Hinweis: Die Angaben beziehen sich auf das Verhältnis von Käufen und Verkäufen der 100 meistgehandelten Aktien im Scalable Broker zwischen dem 22.05.2026 und 29.05.2026.

Im Fokus:

Wer bei KI nur an Chips denkt, übersieht die gewaltige Infrastruktur dahinter. Caterpillar profitiert massiv vom Bau neuer Rechenzentren und liefert die essenziellen Notstromaggregate, die bei einem Netzausfall die Server am Laufen halten.


Märkte und Makro

KI-Rally vs.
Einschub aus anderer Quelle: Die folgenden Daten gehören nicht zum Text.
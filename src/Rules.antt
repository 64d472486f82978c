-- ===== src/Rules.antt =====
-- The outcomes of the rules of crates/opticcode-policy/src/engine.rs, and the evaluation that
-- collects the inspected paths: a `&mut Vec<PathSafetyReport>` keeps what was pushed before an early
-- return or an error, so the list comes back beside both.
use optic_code.Model.{PolicyDecision, RiskLevel, allow, critical, deny, high, low, require_approval}
use optic_code.Paths.{Checked, PathSafetyReport}
use optic_code.Prelude.{
  Bool, List, Result-cases, String, [], arith, err, false, inl, inr, ok, true, ◌++◌, ◌∷◌, ◌≡◌,
}
use optic_code.Text.{Text, bytes}

pub record RuleOutcome : Type 0 where
  pub decision : PolicyDecision
  pub user_reason : Text
  pub technical_reason : Text
  pub recommended : Text
  pub retriable : Bool

unfoldable pub allowed : String → String → List String → String → String → RuleOutcome
allowed rule_id scope conditions user_reason technical_reason = record {
  decision =
      allow (record { rule_id = rule_id; risk = low; scope = scope; conditions = conditions });
  user_reason = bytes user_reason;
  technical_reason = bytes technical_reason;
  recommended = bytes "Proceed through the structured executor and revalidate before and after.";
  retriable = false;
}

unfoldable pub approval_required : String → RiskLevel → String → String → String → RuleOutcome
approval_required rule_id risk user_reason technical_reason recommended = record {
  decision = require_approval (record {
    rule_id = rule_id;
    reason = bytes user_reason;
    risk = risk;
    summary = bytes technical_reason;
  });
  user_reason = bytes user_reason;
  technical_reason = bytes technical_reason;
  recommended = bytes recommended;
  retriable = true;
}

-- `denied`, for a technical reason that is built at run time too
unfoldable pub denied_by : String → RiskLevel → String → Text → String → Bool → RuleOutcome
denied_by rule_id risk user_reason technical_reason recommended retriable = record {
  decision = deny (record { rule_id = rule_id; reason = bytes user_reason; risk = risk });
  user_reason = bytes user_reason;
  technical_reason = technical_reason;
  recommended = bytes recommended;
  retriable = retriable;
}

unfoldable pub denied : String → RiskLevel → String → String → String → Bool → RuleOutcome
unfolding denied_by
denied rule_id risk user_reason technical_reason recommended retriable =
    denied_by rule_id risk user_reason (bytes technical_reason) recommended retriable

unfoldable pub read_only_write_denied : RuleOutcome
unfolding denied
read_only_write_denied =
    denied "mode.read_only_write_denied" high
      "The current read_only mode cannot write or mutate state."
      "No approval can widen read_only mode implicitly."
      "Start an explicit worktree proposal or approved apply flow." true

unfoldable pub outside_scope_denied : RuleOutcome
unfolding denied
outside_scope_denied =
    denied "path.outside_authorized_root" critical
      "The action target is outside its authorized root."
      "The target is neither the canonical workspace nor its active leased worktree."
      "Use a path inside the current workspace or active proposal worktree." false

abbrev pub is_deny : PolicyDecision → Bool
is_deny (deny _) = true
is_deny _ = false

abbrev pub Inspected : Type 0
Inspected = List PathSafetyReport

abbrev pub Eval : Type 0 → Type 0
Eval A = Inspected → Checked A × Inspected

-- `Ok(a)`, `e?` and `paths.push(report)`
unfoldable pub done : {A : Type 0} → A → Eval A
done a paths = (ok a, paths)

unfoldable pub try : {A : Type 0} → Checked A → Eval A
try r paths = (r, paths)

unfoldable pub push : PathSafetyReport → Eval Unit
push report paths = (ok tt, paths ++ report ∷ [])

abbrev then_eval : {A B : Type 0} → Checked A → (A → Eval B) → Eval B
then_eval (ok a) f paths = f a paths
then_eval (err e) f paths = (err e, paths)

infixl 5 ◌>>=◌ ◌>>◌
unfoldable pub ◌>>=◌ : {A B : Type 0} → Eval A → (A → Eval B) → Eval B
unfolding done try push
◌>>=◌ m f paths = let (r, paths') = m paths in then_eval r f paths'

abbrev pub ◌>>◌ : {B : Type 0} → Eval Unit → Eval B → Eval B
m >> k = m >>= λ _. k

-- A step that went on, and the rest of the evaluation behind it.
pub >>=-eq-ok :
    {A B : Type 0} (m : Eval A) (f : A → Eval B) (paths : Inspected) {b : B}
    → ((m >>= f) paths).0 ≡ ok b
    → (a : A) × (next : Inspected) × ((m paths).0 ≡ ok a) × ((f a next).0 ≡ ok b)
unfolding ◌>>=◌
>>=-eq-ok m f paths h = elim (Result-cases (m paths).0) [
  | inl (a, e) ↦ (a, (m paths).1, e, ground arith)
  | inr (x, e) ↦ absurd (ground arith)
]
Industrie-Krise

Die Kapitalmärkte vibrieren mit Erwartung darauf, dass Musks SpaceX an die Börse schießen wird. Und da schwappen schon wieder neue Gerüchte herein. Die Wall Street spekuliert über einen möglichen Zusammenschluss mit Tesla. Am IPO-Fahrplan dürfte das nichts ändern. Aber danach wäre Elon Musk so ein Mega-Deal durchaus zuzutrauen – zumal er mit seinen Aktien- und Stimmrechtspaketen auch das fusionierte Unternehmen kontrollieren würde.

Derweil geht der Tech-Rausch an der Wall Street weiter. Starke Zahlen von Marvell sowie HP befeuerten den Markt, aber die Show gestohlen hat ihnen das SaaS-Unternehmen Snowflake mit einem Deal über 6 Mrd. $ mit AWS. Das US-Inflations-Update gab es am Donnerstag: Die Teuerung nagt weiter an den Geldbeuteln und schickt die Fed zurück auf die Wartebank. Der bevorzugte Inflationsindikator der Fed, der PCE-Index, stieg im April um 3,8 % (YoY)- der kräftigste Anstieg seit drei Jahren - die Kernrate ohne Energie und Lebensmittel lag bei 3,3 %. Währenddessen flirtete der DAX mit einem neuen Höchststand, obwohl die Deindustrialisierung in Deutschland in vollem Gange ist. Seit 2019 hat die Industrie hierzulande über 341.000 Jobs verloren.


Podcast

SpaceX, Dividenden oder Pokémon-Karten? Christian W. Röhl war zum „Ask Me Anything“ (AMA) auf Reddit bei r/Finanzen. Obwohl er zwei Stunden lang durchgetippt hat, sind einige Fragen offen geblieben – auf die es in der neuen Folge von Asset Class die Antworten gibt: Mit dabei die Angst vor einer KI-Blase, die optimale Cashquote und die Lieblingsbücher unseres Chief Economist.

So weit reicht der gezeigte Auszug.